All notebooks include:

  • COCO-style evaluation metrics
  • Confusion matrix generation
  • Prediction visualization
  • Performance comparison tools

Results

YOLO Results

  • Box mAP50: 26.9%
  • Box mAP50-95: 20.7%
  • Mask mAP50: 26.7%
  • Mask mAP50-95: 19.5%
  • Precision (Box): 28.8%
  • Recall (Box): 29.5%

Mask R-CNN Results

  • Box AP: 15.8%
  • Box AP50: 23.9%
  • Mask AP: 15.9%
  • Mask AP50: 23.7%
  • Best performance on: Metal bottle cap (50.4% AP), Clear plastic bottle (42.6% AP), Drink can (40.1% AP)

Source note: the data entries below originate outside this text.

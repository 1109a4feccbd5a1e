-- ===== src/DeleteAccount/Request.antt =====
-- Reading the deletion request: the bounded body, the request id, the bearer token
-- (supabase/functions/delete-account/handler.ts).
use etkin_link.Base.{
  ℕ, ◌+◌, ◌*◌, Bool, true, false, not, ◌&&◌, List, [], ◌∷◌, ◌++◌, Option, none, some, ltb, ◌==◌,
  if◌then◌else◌, length, take, drop,
}
use etkin_link.Int.{ℤ, pos, scale, ◌+ℤ◌, ◌-ℤ◌, leb_ℤ}
use etkin_link.Text.{
  Str, codes, str_eq, to_lower_case, is_space, trim, all_digits, decimal, media_type,
}
use etkin_link.Text.Pattern.{matches, uuid_versions, exactly}
use etkin_link.Json.{Json, obj, str, keys, member}
use etkin_link.Http.{Chunk, bytes, broken, Body, Request, Platform}
use etkin_link.Effect.{Result, ok, err}
use etkin_link.DeleteAccount.State.{
  Code, application_json_required, invalid_content_length, request_body_too_large,
  invalid_json_body, Claims,
}

abbrev pub max_request_body_bytes : ℕ
max_request_body_bytes = 1024

abbrev pub recent_login_window_ms : ℕ
recent_login_window_ms = 10 * 60 * 1000

abbrev pub clock_skew_ms : ℕ
clock_skew_ms = 60_000

pub record RequestBodyError : Type 0 where
  pub status : ℕ
  pub code : Code

abbrev pub refuse : {A : Type 0} → ℕ → Code → Result RequestBodyError A
refuse status code = err (record { status = status; code = code })

check_length : Option Str → Result RequestBodyError (Unit {0})
check_length none = ok tt
check_length (some value) =
    if not (all_digits (trim value))
    then refuse 400 invalid_content_length
    else if ltb max_request_body_bytes (decimal (trim value))
    then refuse 413 request_body_too_large
    else ok tt

-- The checks of the headers, before the body is touched.
check_headers : Request → Result RequestBodyError (Unit {0})
unfolding check_length media_type all_digits trim decimal str_eq
check_headers request =
    if not (str_eq (media_type (request.header "content-type")) (codes "application/json"))
    then refuse 415 application_json_required
    else check_length (request.header "content-length")

-- `reader.cancel()` runs inside the `try`, so its failure is reported as a bad body.
too_large : Bool → Result RequestBodyError Str
too_large cancel_fails =
    if cancel_fails then refuse 400 invalid_json_body else refuse 413 request_body_too_large

module _ (platform : Platform) where
  finish_parts : List ℕ → Str → Result RequestBodyError Str
  finish_parts pending parts = elim (platform.decode_end pending) [
    | none ↦ refuse 400 invalid_json_body
    | some text ↦ ok (parts ++ text)
  ]

  -- The `while (true)` of the reader: the bytes so far, those the decoder holds back, the text so far.
  unfoldable pub read_parts : Bool → List Chunk → ℕ → List ℕ → Str → Result RequestBodyError Str
  unfolding finish_parts too_large
  read_parts cancel_fails [] total pending parts = finish_parts pending parts
  read_parts cancel_fails (broken ∷ rest) total pending parts = refuse 400 invalid_json_body
  read_parts cancel_fails (bytes value ∷ rest) total pending parts =
      elim (ltb max_request_body_bytes (total + length value)) [
        | true ↦ too_large cancel_fails
        | false ↦ elim (platform.decode_stream pending value) [
          | none ↦ refuse 400 invalid_json_body
          | some (text, held) ↦
              read_parts cancel_fails rest (total + length value) held (parts ++ text)
        ]
      ]

  parse_body : Result RequestBodyError Str → Result RequestBodyError Json
  parse_body (err e) = err e
  parse_body (ok text) = elim (platform.parse_json text) [
    | none ↦ refuse 400 invalid_json_body
    | some value ↦ ok value
  ]

  read_body : Option Body → Result RequestBodyError Json
  unfolding read_parts parse_body
  read_body none = refuse 400 invalid_json_body
  read_body (some body) = parse_body (read_parts body.cancel_fails body.chunks 0 [] [])

  unfoldable pub read_bounded_json_body : Request → Result RequestBodyError Json
  unfolding check_headers read_body
  read_bounded_json_body request = elim (check_headers request) [
    | err e ↦ err e
    | ok _ ↦ read_body request.body
  ]

  -- `lastSignInAt ? Date.parse(lastSignInAt) : NaN`; the empty text is falsy
  parse_date : Option Str → Option ℤ
  parse_date none = none
  parse_date (some []) = none
  parse_date (some (c ∷ s)) = platform.date_parse (c ∷ s)

  -- Whether both the token and the last sign-in are at most ten minutes old.
  unfoldable pub recent_login_is_valid : Claims → Option Str → ℤ → Bool
  unfolding ◌+ℤ◌ ◌-ℤ◌ parse_date
  recent_login_is_valid claims last_sign_in_at now_ms = elim claims.iat [
    | none ↦ false
    | some iat ↦ elim (parse_date last_sign_in_at) [
      | none ↦ false
      | some last_sign_in_ms ↦
          leb_ℤ (scale 1000 iat) (now_ms +ℤ pos clock_skew_ms)
          && leb_ℤ last_sign_in_ms (now_ms +ℤ pos clock_skew_ms)
          && leb_ℤ (now_ms -ℤ scale 1000 iat) (pos recent_login_window_ms)
          && leb_ℤ (now_ms -ℤ last_sign_in_ms) (pos recent_login_window_ms)
    ]
  ]

-- A text that is a UUID of version 4, in lower case.
version_4 : Option Json → Option Str
version_4 (some (str s)) =
    if matches (uuid_versions (exactly b'4')) s then some (to_lower_case s) else none
version_4 _ = none

unfoldable pub parse_client_request_id : Json → Option Str
unfolding version_4 matches to_lower_case member
parse_client_request_id (obj fields) =
    if not (length (keys fields) == 1)
    then none
    else version_4 (member (codes "client_request_id") fields)
parse_client_request_id _ = none

-- /^Bearer\s+([^\s]+)$/i, after the word: blanks, then one run of others up to the end.
no_space : Str → Bool
unfolding is_space
no_space [] = true
no_space (c ∷ s) = not (is_space c) && no_space s

token_after_spaces : Str → Option Str
token_after_spaces [] = none
token_after_spaces (c ∷ s) =
    if is_space c then token_after_spaces s else if no_space (c ∷ s) then some (c ∷ s) else none

token_after_word : Str → Option Str
token_after_word [] = none
token_after_word (c ∷ s) = if is_space c then token_after_spaces s else none

authorization_token : Str → Option Str
unfolding token_after_word token_after_spaces no_space
authorization_token value =
    if str_eq (to_lower_case (take 6 value)) (codes "bearer")
    then token_after_word (drop 6 value)
    else none

unfoldable pub bearer_token : Request → Option Str
unfolding authorization_token str_eq to_lower_case
bearer_token request = elim (request.header "authorization") [
  | none ↦ none
  | some value ↦ authorization_token value
]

Results are saved in respective results/ directories with:

  • Model weights (.pth or .pt files)
  • Evaluation metrics (JSON format)
  • Training logs and visualizations
  • Confusion matrices

Training Parameters

YOLO

  • Epochs: 200
  • Batch size: 16
  • Image size: 960x960
  • Learning rate: 0.01
  • Optimizer: AdamW
  • Data augmentation: Enabled

Mask R-CNN

  • Iterations: 1000-3000
  • Batch size: 8
  • Image size: 960x960
  • Learning rate: 0.00025
  • Backbone: ResNet-101 FPN
  • ROI batch size: 16

Mask2Former

  • Configuration: COCO instance segmentation
  • Backbone: ResNet-101
  • Image size: Variable

Requirements

Common Dependencies

  • Python 3.8+
  • PyTorch
  • CUDA (for GPU training)
  • OpenCV
  • NumPy
  • Matplotlib

Model-Specific

See individual requirements.txt files in each model directory for complete dependency lists.